For the first time, the state had entered into Interest Based Bargaining. In order to convince the unions of the dire budgetary situation, and convince them that without concessions many layoffs would follow, Mr. Duco provided a variety of informative daily presentations. Mr. Duco also approached negotiations from the perspective that everyone was going to share the pain, union and management alike. Mr. Duco negotiated “Cost Savings Days,” which is essentially a form of furlough but applied in a manner that has a less detrimental impact. State employee pay is reduced by an amount equal to 3.076 hours per pay period in return for 80 hours of cost savings days to use throughout the year. Basically, each employee is funding his/her own 80 hours of time off in exchange for the reduction in pay.   That reduction is spread out over the entire fiscal year which allows the employee to better manage his/her finances.

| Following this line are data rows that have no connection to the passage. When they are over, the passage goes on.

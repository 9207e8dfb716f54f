-- ===== src/Backups/Job.antt =====
-- pgbackrest.go: the end of reconcileManualBackup and reconcileReplicaCreateBackup, which is alike: a
-- Job is made and applied.

use ivory_operator.Backups.{
  pgbackrest_backup_job_labels, merge_labels, apply_job, Repo, BackupJob, BackupOutcome, BackupSpec,
  BackupState, BackupEnv,
}
use ivory_operator.Kube.{found, failed, Answer, LabelSets}
use ivory_operator.Prelude.{refl, ◌≡◌, ◌∷◌, List, some, none, [], Labels, String, Option}

-- A job by its name, labels and annotations.
abbrev pub empty_job : String → Labels → Labels → BackupJob
empty_job name labels annotations = record {
  name = name;
  labels = labels;
  annotations = annotations;
  spec = "";
  conditions = [];
  start_time = "";
  completion_time = "";
  active = 0;
  succeeded = 0;
  failed = 0;
}

-- The name of the current job, or else a new one.
unfoldable pub job_name : {E : Type 0} → BackupEnv E → Option BackupJob → String
job_name env none = env.new_job_name
job_name env (some job) = job.name

-- The labels and annotations of a job: the three sources, later ones first.
abbrev pub job_labels : ⦃ls : LabelSets⦄ → BackupSpec → String → String → Labels
job_labels ⦃ls⦄ spec repo_label backup_type = merge_labels (
    spec.metadata_labels
    ∷ spec.pgbackrest_labels
    ∷ pgbackrest_backup_job_labels spec.cluster_name repo_label backup_type
    ∷ [])

abbrev pub job_annotations : ⦃ls : LabelSets⦄ → BackupSpec → Labels → Labels
job_annotations ⦃ls⦄ spec own =
    merge_labels (spec.metadata_annotations ∷ spec.pgbackrest_annotations ∷ own ∷ [])

module _ {E C : Type 0} ⦃ls : LabelSets⦄ (env : BackupEnv E) where
  abbrev pub stays : BackupState C → BackupOutcome E C
  stays s = record { err = none; state = s; writes = [] }

  abbrev pub fails : BackupState C → E → BackupOutcome E C
  fails s e = record { err = some e; state = s; writes = [] }

  unfoldable pub send_job : BackupState C → BackupJob → Option E → BackupOutcome E C
  send_job s job (some e) = fails s e
  send_job s job none = record {
    err = env.respond [] (apply_job job);
    state = s;
    writes = apply_job job ∷ [];
  }

  unfoldable pub with_spec : BackupState C → BackupJob → Answer E String → BackupOutcome E C
  unfolding send_job
  with_spec s job (failed e) = fails s e
  with_spec s job (found spec) =
      let made : BackupJob = record job { spec = spec } in send_job s made (env.set_controller made)

  unfoldable pub make_job :
      BackupSpec
      → BackupState C
      → Option BackupJob
      → Repo
      → String
      → String
      → Labels
      → List String
      → BackupOutcome E C
  unfolding with_spec job_name
  make_job spec s current repo repo_label backup_type own_annotations options =
      let labels = job_labels spec repo_label backup_type in
      let annotations = job_annotations spec own_annotations in
      with_spec s (empty_job (job_name env current) labels annotations)
        (env.job_spec repo labels annotations options)

  -- Every outcome of make_job is a refusal, or the answer to a job of the labels and annotations.
  send_job-elim :
      (Q : BackupOutcome E C → Type 0) (s : BackupState C) (job : BackupJob) (answer : Option E)
      → ((e : E) → Q (fails s e))
      → ((r : Option E) → Q (record { err = r; state = s; writes = apply_job job ∷ [] }))
      → Q (send_job s job answer)
  unfolding send_job
  send_job-elim Q s job (some e) h k = h e
  send_job-elim Q s job none h k = k (env.respond [] (apply_job job))

  with_spec-elim :
      (Q : BackupOutcome E C → Type 0) (s : BackupState C) (job : BackupJob)
      (answer : Answer E String)
      → ((e : E) → Q (fails s e))
      → ((x : String) (r : Option E)
          → Q (record { err = r; state = s; writes = apply_job (record job { spec = x }) ∷ [] }))
      → Q (with_spec s job answer)
  unfolding with_spec
  with_spec-elim Q s job (failed e) h k = h e
  with_spec-elim Q s job (found x) h k =
      send_job-elim Q s (record job { spec = x }) (env.set_controller (record job { spec = x })) h
        (k x)

  pub make_job-elim :
      (Q : BackupOutcome E C → Type 0) (spec : BackupSpec) (s : BackupState C)
      (current : Option BackupJob) (repo : Repo) (repo_label backup_type : String) (own : Labels)
      (options : List String)
      → ((e : E) → Q (fails s e))
      → ((job : BackupJob) (r : Option E)
          → job.labels ≡ job_labels spec repo_label backup_type
          → job.annotations ≡ job_annotations spec own
          → job.name ≡ job_name env current
          → Q (record { err = r; state = s; writes = apply_job job ∷ [] }))
      → Q (make_job spec s current repo repo_label backup_type own options)
  unfolding make_job
  make_job-elim Q spec s current repo repo_label backup_type own options h k =
      let labels = job_labels spec repo_label backup_type in
      let annotations = job_annotations spec own in
      with_spec-elim Q s (empty_job (job_name env current) labels annotations)
        (env.job_spec repo labels annotations options) h
        (λ x r.
          k (record (empty_job (job_name env current) labels annotations) { spec = x }) r refl refl
            refl)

Mr. Duco managed to achieve further savings through a two year freeze of step increases as well as a two year freeze on personal leave accrual and conversions. Through outstanding labor management communications, Mr. Duco assured the employees that the concessions were only temporary in nature and that the cost savings days, step freezes and personal leave freezes will all be lifted in 2011.
 
Cost savings days were achieved in negotiations with all five unions representing state employees, saving the State of Ohio approximately $238 million in the first two years of the agreements. These cost savings days were also included in parity for exempt employees through changes to the Ohio Revised and Administrative Codes resulting in further savings to the State of Ohio to the tune of $149 million over the same two year period. The CSD approach was so innovative and palatable to employees that multiple elected officials also adopted the concept in their own collective bargaining agreements. Moreover, the state’s approach to cost saving in this economic environment has paved the way for many cities and counties in Ohio to approach collective bargaining negotiations with innovative solutions to a very significant problem.
 
The cost savings day approach has been an extremely effective tool. Not only does the state see significant savings, it is a more palatable solution for employees. This tool is both innovative in its contract language and unique in its approach to addressing the problem.